Find the line containing "event_cases p (completed w ok) = inl refl" in the listing below. Repeat it exactly, along with each following line up to and including the one containing "inr (own, _) ↦".
-- Opening Marker --
-- ===== src/Ibverbs/Buffers/Events/Attempts.antt =====
-- The loop over attempts of a `Send` ends.
use mathlib.Core.List.{lookup}
use lethe.Base.Assoc.{remove, lookup-remove_ne, lookup-cons_self, lookup-cons_ne}
use lethe.Base.{
  ℕ, ◌+◌, ◌^◌, ◌≡◌, ◌<◌, ◌≤◌, refl, ap, ◌∙◌, none, some, List, [], ◌∷◌, ltb, ◌==◌, ℕ_discrete, ◌≢◌,
  length, arith, ◌⊎◌, ltb→lt, Bool-cases, List-cases, Option-cases, inl, inr,
}
use lethe.Ibverbs.Buffers.{Conn, setup_outbound, acquire, max_attempts, wr_id_of}
use lethe.Ibverbs.Buffers.Counts.{one_if, tally-remove, keyed, uncounted_lookup}
use lethe.Ibverbs.Buffers.Events.{
  Sends, start, reject, begin, give_up, try_acquire, attempt, post, fail_post, complete, Event,
  rejected, begun, attempted, post_ok, post_failed, completed, step, run,
}
use lethe.Ibverbs.Buffers.Events.Invariant.{Inv}
use lethe.Ibverbs.Buffers.Events.Runs.{step-Inv, step_counts, run-Inv, run_counts}
use lethe.Ibverbs.Buffers.Events.Taking.{acquire_full}

-- The attempts of one send among the events.
abbrev pub attempts : ℕ → List Event → ℕ
attempts p [] = 0
attempts p (attempted q ∷ es) = one_if (q == p) + attempts p es
attempts p (_ ∷ es) = attempts p es

-- Two promises are made by different sends.
begun_ne :
    (p : ℕ) (s : Sends)
    → p < s.next_promise
    → lookup ℕ_discrete p (begin s).waiting ≡ lookup ℕ_discrete p s.waiting
unfolding begin
begun_ne p s h = lookup-cons_ne ℕ_discrete s.next_promise p 0 s.waiting (λ e. omega (arith, e, h))

other_attempt :
    (p q : ℕ) (s : Sends)
    → p ≢ q
    → lookup ℕ_discrete p (attempt q s).waiting ≡ lookup ℕ_discrete p s.waiting
unfolding attempt try_acquire give_up lookup
other_attempt p q s h = ground (arith, lookup-remove_ne ℕ_discrete q p s.waiting)

idle_attempt : (p : ℕ) (s : Sends) → lookup ℕ_discrete p s.waiting ≡ none → attempt p s ≡ s
unfolding attempt
idle_attempt p s e = rw (attempt, e) refl

-- No other step touches the attempts of the send.
other_step :
    (e : Event) (p : ℕ) (s : Sends)
    → p < s.next_promise
    → attempts p (e ∷ []) ≡ 0
    → lookup ℕ_discrete p (step e s).waiting ≡ lookup ℕ_discrete p s.waiting
unfolding step reject post fail_post complete
other_step rejected p s h k = refl
other_step begun p s h k = begun_ne p s h
other_step (attempted q) p s h k = other_attempt p q s (λ e. ground (arith, k, e))
other_step (post_ok w) p s h k = ground arith
other_step (post_failed w) p s h k = ground arith
other_step (completed w ok) p s h k = ground arith

step_promises : (e : Event) (s : Sends) → s.next_promise ≤ (step e s).next_promise
unfolding step reject begin attempt try_acquire give_up post fail_post complete
step_promises rejected s = omega arith
step_promises begun s = omega arith
step_promises (attempted p) s = ground arith
step_promises (post_ok w) s = ground arith
step_promises (post_failed w) s = ground arith
step_promises (completed w ok) s = ground arith

waiting_full :
    (p n : ℕ) (s : Sends)
    → s.conn.free_send ≡ []
    → (try_acquire p n s).waiting ≡ (p, n + 1) ∷ remove ℕ_discrete p s.waiting
unfolding try_acquire
waiting_full p n s full = rw (try_acquire, acquire_full p s.conn full) refl

acquire_answers :
    (p b : ℕ) (free : List ℕ) (c : Conn)
    → c.free_send ≡ b ∷ free
    → (acquire p c).1 ≡ some (wr_id_of c.next_wr b, b)
unfolding acquire
acquire_answers p b free c at = rw at refl

waiting_taken :
    (p n b : ℕ) (free : List ℕ) (s : Sends)
    → s.conn.free_send ≡ b ∷ free
    → (try_acquire p n s).waiting ≡ remove ℕ_discrete p s.waiting
unfolding try_acquire
waiting_taken p n b free s at = rw (try_acquire, acquire_answers p b free s.conn at) refl

-- Its own attempt takes a buffer, gives up, or is counted.
own_attempt :
    (p n : ℕ) (s : Sends)
    → Inv s
    → lookup ℕ_discrete p s.waiting ≡ some n
    → let o = lookup ℕ_discrete p (attempt p s).waiting in
      (o ≡ none) ⊎ ((o ≡ some (n + 1)) × (n < max_attempts))
unfolding attempt give_up
own_attempt p n s v e =
    let gone =
      uncounted_lookup p (remove ℕ_discrete p s.waiting)
        (ground (arith, v.promises p, tally-remove (keyed p) p s.waiting n e)) in
    elim (Bool-cases (ltb n max_attempts)) [
      | inl more ↦ elim (List-cases s.conn.free_send) [
        | inl full ↦ inr (
          rw (attempt, e, more, waiting_full p n s full)
              (lookup-cons_self ℕ_discrete p (n + 1) (remove ℕ_discrete p s.waiting)),
          ltb→lt n max_attempts more,
        )
        | inr (b, free, at) ↦ inl (rw (attempt, e, more, waiting_taken p n b free s at) gone)
      ]
      | inr last ↦ inl (rw (attempt, e, last) gone)
    ]

attempts_head :
    (p : ℕ) (e : Event) (es : List Event)
    → attempts p (e ∷ es) ≡ attempts p (e ∷ []) + attempts p es
attempts_head p rejected es = omega arith
attempts_head p begun es = omega arith
attempts_head p (attempted q) es = omega arith
attempts_head p (post_ok w) es = omega arith
attempts_head p (post_failed w) es = omega arith
attempts_head p (completed w ok) es = omega arith

-- An event that is no attempt of the send, or is one.
event_cases :
    (p : ℕ) (e : Event)
    → (attempts p (e ∷ []) ≡ 0) ⊎ ((e ≡ attempted p) × (attempts p (e ∷ []) ≡ 1))
event_cases p (attempted q) = elim (ℕ_discrete q p) [
  | yes h ↦ inr (ap attempted h, ground (arith, h))
  | no h ↦ inl (ground (arith, h))
]
event_cases p rejected = inl refl
event_cases p begun = inl refl
event_cases p (post_ok w) = inl refl
event_cases p (post_failed w) = inl refl
event_cases p (completed w ok) = inl refl

module _ (p : ℕ) where
  stays :
      (es : List Event) (s : Sends)
      → p < s.next_promise
      → lookup ℕ_discrete p s.waiting ≡ none
      → lookup ℕ_discrete p (run es s).waiting ≡ none
  unfolding run step
  stays [] s h gone = gone
  stays (e ∷ es) s h gone =
      stays es (step e s) (omega (arith, h, step_promises e s)) (elim (event_cases p e) [
        | inl other ↦ other_step e p s h other ∙ gone
        | inr (own, _) ↦
            rw own
              (ap (λ (u : Sends). lookup ℕ_discrete p u.waiting) (idle_attempt p s gone) ∙ gone)
      ])

  ends :
      (es : List Event) (s : Sends) (n : ℕ)
      → s.conn.next_wr + length es ≤ 2 ^ 48
      → Inv s
      → p < s.next_promise
      → lookup ℕ_discrete p s.waiting ≡ some n
      → 0 < attempts p es
      → max_attempts < n + attempts p es
      → lookup ℕ_discrete p (run es s).waiting ≡ none
  unfolding run step
  ends [] s n small v h at low high = absurd (omega (arith, low, high))
  ends (e ∷ es) s n small v h at low high =
      let s' = step e s in
      let v' = step-Inv e s (omega (arith, small)) v in
      let small' : s'.conn.next_wr + length es ≤ 2 ^ 48 = omega (arith, small, step_counts e s) in
      let h' : p < s'.next_promise = omega (arith, h, step_promises e s) in
      elim (event_cases p e) [
        | inl other ↦
            ends es s' n small' v' h' (other_step e p s h other ∙ at)
              (omega (arith, low, other, attempts_head p e es))
              (omega (arith, high, other, attempts_head p e es))
        | inr (own, one) ↦ elim (own_attempt p n s v at) [
          | inl gone ↦ stays es s' h' (rw own gone)
          | inr (again, more) ↦
              ends es s' (n + 1) small' v' h' (rw own again)
                (omega (arith, more, high, one, attempts_head p e es))
                (omega (arith, high, one, attempts_head p e es))
        ]
      ]

-- In a run of fewer than 2^48 events, a `Send` whose loop makes more than 2000 attempts, however
-- the events of other sends come between, is no longer in the loop: it has a buffer, or gave up.
pub send_ends :
    (p : ℕ) (es es' : List Event)
    → 1 + length es + length es' ≤ 2 ^ 48
    → p < (run es start).next_promise
    → max_attempts < attempts p es'
    → lookup ℕ_discrete p (run es' (run es start)).waiting ≡ none
unfolding start setup_outbound
send_ends p es es' small h many =
    let s = run es start in
    let v = run-Inv es (omega (arith, small)) in
    elim (Option-cases (lookup ℕ_discrete p s.waiting)) [
      | inl gone ↦ stays p es' s h gone
      | inr (n, at) ↦
          ends p es' s n (omega (arith, small, run_counts es start)) v h at (omega (arith, many))
            (omega (arith, many))
    ]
-- Closing Marker --
- Response area:
event_cases p (completed w ok) = inl refl

module _ (p : ℕ) where
  stays :
      (es : List Event) (s : Sends)
      → p < s.next_promise
      → lookup ℕ_discrete p s.waiting ≡ none
      → lookup ℕ_discrete p (run es s).waiting ≡ none
  unfolding run step
  stays [] s h gone = gone
  stays (e ∷ es) s h gone =
      stays es (step e s) (omega (arith, h, step_promises e s)) (elim (event_cases p e) [
        | inl other ↦ other_step e p s h other ∙ gone
        | inr (own, _) ↦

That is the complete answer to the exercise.